--- James Heartfield <Heartfield at blueyonder.co.uk> wrote:
>
> Pedantically speaking 'privileged' is wrong. It is
> not private law that
> creates social inequality, as under feudalism, but
> public law, equally
> applied, that allows social inequality through
> private property (in the
> means of production, to be precise).
>
> Analytically, the way to go further than 'privilege
> is relative' is to shift
> the focus of investigation from the realm of
> consumption, and the
> distribution of goods there, to the realm of
> production and the distribution
> of its means among the social classes.
>
> Not privilege, then, but exploitation is the
> category that will clarify what
> follows it, the unequal distribution of goods among
> the population.
[WS:] I agree, to a point. However, it is important to realize that while both concepts my imply the same empirical reality (measured by the economic value of resources) - they carry different connotations and interpretative frameworks.
"Exploitation" starts with the framework of prosperity being the norm, claims that some people receive resources that fall below that norm, and implies that those "exploited" should be elevated to the norm of prosperity.
"Privilege" otoh starts with the framework of the puritannical notion that prosperity is bad, claims that some people experience that prosperity, which is unjust almost by definition, and implies that those "privileged" be brought down to the puritanical norm of austerity.
I think this is also a big divide between the European and American left. The US left tends to be puritannical deep down their hearts. US lefties tend to romanticize austerity (if not poverty) and loathe prosperity. They may not openly admit it and even deny it, but for an outside observer such a conclusion is difficult to escape.

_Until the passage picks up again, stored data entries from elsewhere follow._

-- ===== src/Diagnose/Run/Laws.antt =====
-- What a whole run reports.
use cute_pcap_mcp.Base.{
  Bool, true, false, not, ◌&&◌, List, [], ◌∷◌, ◌++◌, map, Option, none, some, ◌≡◌, refl, sym, ◌∙◌,
  inl, inr, All, All-append, arith, Bool-cases,
}
use cute_pcap_mcp.Base.Sort.{sort-All, IsSorted, IsWeakOrder, sort-IsSorted}
use cute_pcap_mcp.Base.Int.{lt_ℤ}
use cute_pcap_mcp.Diagnose.{
  Finding, Packet, Flow, FlowGroup, Scope, Symptom, SymptomCode, tls_on_plain_port,
  rst_after_synack, monitor_probe_rst, asymmetric_path,
}
use cute_pcap_mcp.Diagnose.Flows.{flow_groups, matches_scope}
use cute_pcap_mcp.Diagnose.Windows.{capture_duration_ms, capture_has_interface_metadata}
use cute_pcap_mcp.Diagnose.Windows.Unique.{IsStrict}
use cute_pcap_mcp.Diagnose.Tls.{detect_tls}
use cute_pcap_mcp.Diagnose.Resets.{detect_reset}
use cute_pcap_mcp.Diagnose.Probes.{Probes, detect_probes, min_cadence_window_ms}
use cute_pcap_mcp.Diagnose.Paths.{detect_paths}
use cute_pcap_mcp.Diagnose.Run.{
  interface_finding, downgrade, any_truncated, window_finding, Enabled, Diagnosis, add_if,
  flow_symptoms, with_probes, with_paths, symptom_less, diagnose,
}
use cute_pcap_mcp.Diagnose.Run.Fresh.{
  is_low, IsFresh, detect_tls-IsFresh, detect_reset-IsFresh, detect_probes-IsFresh,
  detect_paths-IsFresh,
}

symptom_less-IsWeakOrder : IsWeakOrder symptom_less
unfolding symptom_less
symptom_less-IsWeakOrder = record {
  asym = λ a b h. ground arith;
  trans = λ a b c h k. ground arith;
}

-- The diagnosis before the confidences are lowered and the symptoms are sorted.
detected : (Probes → Probes) → List Packet → Enabled → Option Scope → Diagnosis
detected order packets on scope =
    let groups = flow_groups packets in
    let found : Diagnosis = record { symptoms = flow_symptoms on scope [] groups; findings = [] } in
    with_paths on scope packets groups (with_probes order on scope packets groups found)

-- The symptoms of a run are sorted by the rank of their code and then by their first time.
pub diagnose-IsSorted :
    (order : Probes → Probes) (packets : List Packet) (on : Enabled) (scope : Option Scope)
    → IsSorted symptom_less (diagnose order packets on scope).symptoms
unfolding diagnose detected
diagnose-IsSorted order packets on scope =
    sort-IsSorted symptom_less-IsWeakOrder
      (map (downgrade packets) (detected order packets on scope).symptoms)

-- A symptom of an enabled code, that names a flow and ascending packets.
pub record IsReported (on : Enabled) (s : Symptom) : Type 0 where
  pub enabled : on s.code ≡ true
  pub confident : is_low s.confidence ≡ false
  pub names_flow : (flow : Flow) × (s.evidence.flow ≡ some flow)
  pub ascending : IsStrict s.evidence.packet_numbers

module _ (on : Enabled) where
  fresh-IsReported : (c : SymptomCode) (s : Symptom) → on c ≡ true → IsFresh c s → IsReported on s
  fresh-IsReported c s h f = record {
    enabled = rw f.code h;
    confident = f.confident;
    names_flow = f.names_flow;
    ascending = f.ascending;
  }

  All-fresh :
      (c : SymptomCode) (ss : List Symptom)
      → on c ≡ true
      → All (IsFresh c) ss
      → All (IsReported on) ss
  All-fresh c [] h f = tt
  All-fresh c (s ∷ ss) h (f, fs) = (fresh-IsReported c s h f, All-fresh c ss h fs)

  add_if-IsReported :
      (c : SymptomCode) (b : Bool) (o : Option Symptom) (acc : List Symptom)
      → on c ≡ b
      → ((s : Symptom) → o ≡ some s → IsFresh c s)
      → All (IsReported on) acc
      → All (IsReported on) (add_if b o acc)
  add_if-IsReported c false o acc h f a = a
  add_if-IsReported c true none acc h f a = a
  add_if-IsReported c true (some s) acc h f a =
      All-append (IsReported on) acc (s ∷ []) a (fresh-IsReported c s h (f s refl), tt)

  flow_symptoms-IsReported :
      (scope : Option Scope) (acc : List Symptom) (gs : List FlowGroup)
      → All (IsReported on) acc
      → All (IsReported on) (flow_symptoms on scope acc gs)
  unfolding flow_symptoms
  flow_symptoms-IsReported scope acc [] h = h
  flow_symptoms-IsReported scope acc (g ∷ gs) h = elim (Bool-cases (matches_scope g.flow scope)) [
    | inr out ↦ rw out (flow_symptoms-IsReported scope acc gs h)
    | inl within ↦
        let acc' = add_if (on tls_on_plain_port) (detect_tls g) acc in
        rw within (
          flow_symptoms-IsReported scope (add_if (on rst_after_synack) (detect_reset g) acc') gs (
            add_if-IsReported rst_after_synack (on rst_after_synack) (detect_reset g) acc' refl
              (detect_reset-IsFresh g)
              (add_if-IsReported tls_on_plain_port (on tls_on_plain_port) (detect_tls g) acc refl
                (detect_tls-IsFresh g) h)))
  ]

  with_probes-IsReported :
      (order : Probes → Probes) (scope : Option Scope) (packets : List Packet) (gs : List FlowGroup)
      (d : Diagnosis)
      → All (IsReported on) d.symptoms
      → All (IsReported on) (with_probes order on scope packets gs d).symptoms
  unfolding with_probes
  with_probes-IsReported order scope packets gs d h = elim (Bool-cases (on monitor_probe_rst)) [
    | inr e ↦ rw e h
    | inl e ↦ elim (Bool-cases (lt_ℤ (capture_duration_ms packets) min_cadence_window_ms)) [
      | inl short ↦ rw (e, short) h
      | inr long ↦
          rw (e, long)
            (All-append (IsReported on) d.symptoms (detect_probes order gs scope) h (
              All-fresh monitor_probe_rst (detect_probes order gs scope) e
                (detect_probes-IsFresh order gs scope)))
    ]
  ]

  with_paths-IsReported :
      (scope : Option Scope) (packets : List Packet) (gs : List FlowGroup) (d : Diagnosis)
      → All (IsReported on) d.symptoms
      → All (IsReported on) (with_paths on scope packets gs d).symptoms
  unfolding with_paths
  with_paths-IsReported scope packets gs d h = elim (Bool-cases (on asymmetric_path)) [
    | inr e ↦ rw e h
    | inl e ↦ elim (Bool-cases (capture_has_interface_metadata packets)) [
      | inr missing ↦ rw (e, missing) h
      | inl present ↦
          rw (e, present)
            (All-append (IsReported on) d.symptoms (detect_paths gs scope) h
              (All-fresh asymmetric_path (detect_paths gs scope) e (detect_paths-IsFresh gs scope)))
    ]
  ]

-- A symptom of the result. Its confidence is low exactly where it cites a truncated packet.
pub record IsSound (on : Enabled) (packets : List Packet) (s : Symptom) : Type 0 where
  pub enabled : on s.code ≡ true
  pub names_flow : (flow : Flow) × (s.evidence.flow ≡ some flow)
  pub ascending : IsStrict s.evidence.packet_numbers
  pub confidence : is_low s.confidence ≡ any_truncated packets s.evidence.packet_numbers

downgrade-IsSound :
    (on : Enabled) (packets : List Packet) (s : Symptom)
    → IsReported on s
    → IsSound on packets (downgrade packets s)
unfolding downgrade
downgrade-IsSound on packets s h =
    elim (Bool-cases (any_truncated packets s.evidence.packet_numbers)) [
      | inl e ↦ rw e (record {
        enabled = h.enabled;
        names_flow = h.names_flow;
        ascending = h.ascending;
        confidence = sym e;
      })
      | inr e ↦ rw e (record {
        enabled = h.enabled;
        names_flow = h.names_flow;
        ascending = h.ascending;
        confidence = h.confident ∙ sym e;
      })
    ]

-- Every symptom of a run has an enabled code, names a flow and cites strictly ascending packet
-- numbers, and its confidence is low exactly if one of these is the number of a truncated packet.
pub diagnose-IsSound :
    (order : Probes → Probes) (packets : List Packet) (on : Enabled) (scope : Option Scope)
    → All (IsSound on packets) (diagnose order packets on scope).symptoms
unfolding diagnose
diagnose-IsSound order packets on scope =
    let groups = flow_groups packets in
    let found : Diagnosis = record { symptoms = flow_symptoms on scope [] groups; findings = [] } in
    let d = with_probes order on scope packets groups found in
    sort-All symptom_less (IsSound on packets)
      (map (downgrade packets) (with_paths on scope packets groups d).symptoms)
      (go (with_paths on scope packets groups d).symptoms (
        with_paths-IsReported on scope packets groups d (
          with_probes-IsReported on order scope packets groups found
            (flow_symptoms-IsReported on scope [] groups tt))))
  where
    go :
        (ss : List Symptom)
        → All (IsReported on) ss
        → All (IsSound on packets) (map (downgrade packets) ss)
    go [] h = tt
    go (s ∷ ss) (h, hs) = (downgrade-IsSound on packets s h, go ss hs)

abbrev pub only_if : Bool → Finding → List Finding
only_if true f = f ∷ []
only_if false f = []

-- A run notes a short window exactly if the probe symptom is enabled and the capture is shorter than
-- 90 s, and missing interfaces exactly if the path symptom is enabled and the capture has none.
pub findings-diagnose :
    (order : Probes → Probes) (packets : List Packet) (on : Enabled) (scope : Option Scope)
    → (diagnose order packets on scope).findings
      ≡ only_if
          (on monitor_probe_rst && lt_ℤ (capture_duration_ms packets) min_cadence_window_ms)
          window_finding
        ++ only_if
            (on asymmetric_path && not (capture_has_interface_metadata packets))
            interface_finding
unfolding diagnose with_probes with_paths
findings-diagnose order packets on scope = ground arith
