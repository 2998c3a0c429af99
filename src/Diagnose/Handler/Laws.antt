-- ===== src/Diagnose/Handler/Laws.antt =====
-- What a call of pcap_detect_symptoms returns, and that it gives its slot back.
use mathlib.Core.Path.{subst}
use cute_pcap_mcp.Base.{
  ◌≢◌, suc, ◌-◌, Bool, ◌||◌, List, [], ◌∷◌, ◌++◌, Option, none, some, ◌≡◌, refl, sym, ap, ◌∙◌, ◌⊎◌,
  inl, inr, ltb, All, arith, Bool-cases,
}
use cute_pcap_mcp.Errors.Laws.{ok_eq}
use cute_pcap_mcp.Errors.{Err, Result, ok, failed}
use cute_pcap_mcp.Config.{Config}
use cute_pcap_mcp.Artifact.{ArtifactInfo}
use cute_pcap_mcp.Server.{Semaphore, acquire_slot, release_slot}
use cute_pcap_mcp.Diagnose.{Packet, Finding}
use cute_pcap_mcp.Diagnose.Run.{enabled_symptoms, diagnose}
use cute_pcap_mcp.Diagnose.Run.Laws.{IsSound, diagnose-IsSound}
use cute_pcap_mcp.Diagnose.Input.{Input, validate_input, finding_for_error, analyzer_finding}
use cute_pcap_mcp.Diagnose.Handler.{
  packets_contain_truncation, Environment, Output, no_output, run_packet_rows, report, after_rows,
  after_slot, after_inspection, inspect, after_validation, diagnose_handler,
}

failed_not_ok : {A : Type 0} {a : A} {e : Err} → failed e ≢ ok a
failed_not_ok p = cc

module _ (env : Environment) (cfg : Config) where
  -- A report with a symptom comes from an accepted input, an inspected artifact and packets that the
  -- analyzer printed for it, and every symptom is sound for these packets.
  pub record IsReport (i : Input) (out : Output) : Type 0 where
    pub accepted : validate_input env.is_address i ≡ none
    pub artifact : ArtifactInfo
    pub inspected : inspect env cfg i ≡ ok artifact
    pub packets : List Packet
    pub cut : Bool
    pub rows : run_packet_rows env cfg artifact ≡ ok (packets, cut)
    pub sound : All (IsSound (enabled_symptoms i.symptom_filter) packets) out.symptoms

  -- Either nothing is reported, and a finding says why, or there is a report.
  abbrev pub IsAnswer : Input → Output → Type 0
  IsAnswer i out = ((out.symptoms ≡ []) × (out.findings ≢ [])) ⊎ IsReport i out

  append_some : (fs : List Finding) (f : Finding) → fs ++ f ∷ [] ≢ []
  append_some [] f = λ e. cc
  append_some (g ∷ fs) f = λ e. cc

  released : (s t : Semaphore) → acquire_slot s ≡ ok t → release_slot t ≡ s
  unfolding acquire_slot release_slot
  released s t e = elim (Bool-cases (ltb s.in_use s.capacity)) [
    | inl h ↦
        let same = ok_eq (rw h at e) in
        let back : suc s.in_use - 1 ≡ s.in_use = omega arith in
        ap release_slot (sym same) ∙ (λ i. record { capacity = s.capacity; in_use = back i })
    | inr h ↦ absurd (failed_not_ok (rw h at e))
  ]

  symptoms-report :
      (i : Input) (out : Output) (packets : List Packet) (cut : Bool)
      → (report env cfg i out packets cut).symptoms
        ≡ out.symptoms
          ++ (diagnose env.order packets (enabled_symptoms i.symptom_filter) i.scope).symptoms
  unfolding report
  symptoms-report i out packets cut =
      elim (Bool-cases (cut || packets_contain_truncation packets)) [
        | inl h ↦ rw h refl
        | inr h ↦ rw h refl
      ]

  after_rows-IsAnswer :
      (i : Input) (a : ArtifactInfo) (out : Output)
      → validate_input env.is_address i ≡ none
      → inspect env cfg i ≡ ok a
      → out.symptoms ≡ []
      → (r : Result (List Packet × Bool)) → run_packet_rows env cfg a ≡ r
      → IsAnswer i (after_rows env cfg i out r)
  after_rows-IsAnswer i a out v n s (failed e) q =
      inl (s, append_some out.findings (analyzer_finding e))
  after_rows-IsAnswer i a out v n s (ok (packets, cut)) q = inr (record {
    accepted = v;
    artifact = a;
    inspected = n;
    packets = packets;
    cut = cut;
    rows = q;
    sound =
        subst (All (IsSound (enabled_symptoms i.symptom_filter) packets))
          (sym (
            symptoms-report i out packets cut
            ∙ ap
                (λ ss.
                  ss
                  ++ (diagnose env.order packets (enabled_symptoms i.symptom_filter)
                      i.scope).symptoms)
                s))
          (diagnose-IsSound env.order packets (enabled_symptoms i.symptom_filter) i.scope);
  })

  -- An answer, with the semaphore as it was.
  abbrev pub IsDone : Input → Semaphore → Output × Semaphore → Type 0
  IsDone i s r = IsAnswer i r.0 × (r.1 ≡ s)

  after_slot-IsDone :
      (i : Input) (a : ArtifactInfo) (out : Output) (s : Semaphore)
      → validate_input env.is_address i ≡ none
      → inspect env cfg i ≡ ok a
      → out.symptoms ≡ []
      → (r : Result Semaphore) → acquire_slot s ≡ r
      → IsDone i s (after_slot env cfg i a out s r)
  after_slot-IsDone i a out s v n e (failed x) q =
      (inl (e, append_some out.findings (analyzer_finding x)), refl)
  after_slot-IsDone i a out s v n e (ok t) q =
      (after_rows-IsAnswer i a out v n e (run_packet_rows env cfg a) refl, released s t q)

  after_inspection-IsDone :
      (i : Input) (s : Semaphore)
      → validate_input env.is_address i ≡ none
      → (r : Result ArtifactInfo) → inspect env cfg i ≡ r
      → IsDone i s (after_inspection env cfg i s r)
  after_inspection-IsDone i s v (failed x) q =
      (inl (refl, append_some [] (finding_for_error x)), refl)
  after_inspection-IsDone i s v (ok a) q =
      after_slot-IsDone i a (record no_output { artifact = some a }) s v q refl (acquire_slot s)
        refl

  after_validation-IsDone :
      (i : Input) (s : Semaphore) (r : Option Err)
      → validate_input env.is_address i ≡ r
      → IsDone i s (after_validation env cfg i s r)
  after_validation-IsDone i s (some x) q = (inl (refl, append_some [] (finding_for_error x)), refl)
  after_validation-IsDone i s none q = after_inspection-IsDone i s q (inspect env cfg i) refl

  -- A call either reports no symptom and a finding, or the sound symptoms of the packets of an
  -- accepted and inspected capture, and on every branch the semaphore is as it was before.
  pub diagnose_handler-IsDone :
      (i : Input) (s : Semaphore) → IsDone i s (diagnose_handler env cfg i s)
  unfolding diagnose_handler
  diagnose_handler-IsDone i s = after_validation-IsDone i s (validate_input env.is_address i) refl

I realized that for the first time in California when I visited the "alternative" hippe stores with grossly overpriced goods and a meticulously crafted appearance of rustic simplicty. Add to it their frequent romanticizing of the lumpen all around the world, while loathing the US working class, which has pretty much middle class aspirtation to prosperity.
So when you propose to replece the term "privilege" with a different concept, you are not merely proposing a more efficient analyitical tool. You are asking for a change of the entire weltanschauung from one glorifying puritannical austerity to one wallowing in hedonistic materialism. This is an uphill battle, James.
PS. I also think that the concept of 'exploitation" is not analytically useful either, for the reasons implicit in the labor theory of value. The proles receive the market or "exchange" value of their labor, anything above that would be charity. End of story.
I think that a more analytically useful concept is the utilization of the surplus that the labor produces. Private control of that surplus does not gurantee the most efficient utlization of that surplus. Au contraire, it pretty much gurantees waste and ineffciency, which is bad for society and esepecially those who control little resources of their own. Public control of that surplus in a rationally planned economy setting can do much better in distribuing that surplus in a mater that beneficial to the entire society. The "marginal" effect of that distribution to those who now control little resources of their own will be particularly significant.
Therefore, the battle cry of socialims ought to be for the public and planned control and distribution of surplus rather than against exploitation of labor. But again, the latter carries a certain denunciatory, accusatory, finger pointing connotations which some activistists just love to pursue - so again it is about ideological-interpretative mind set rather than analytical usefulness.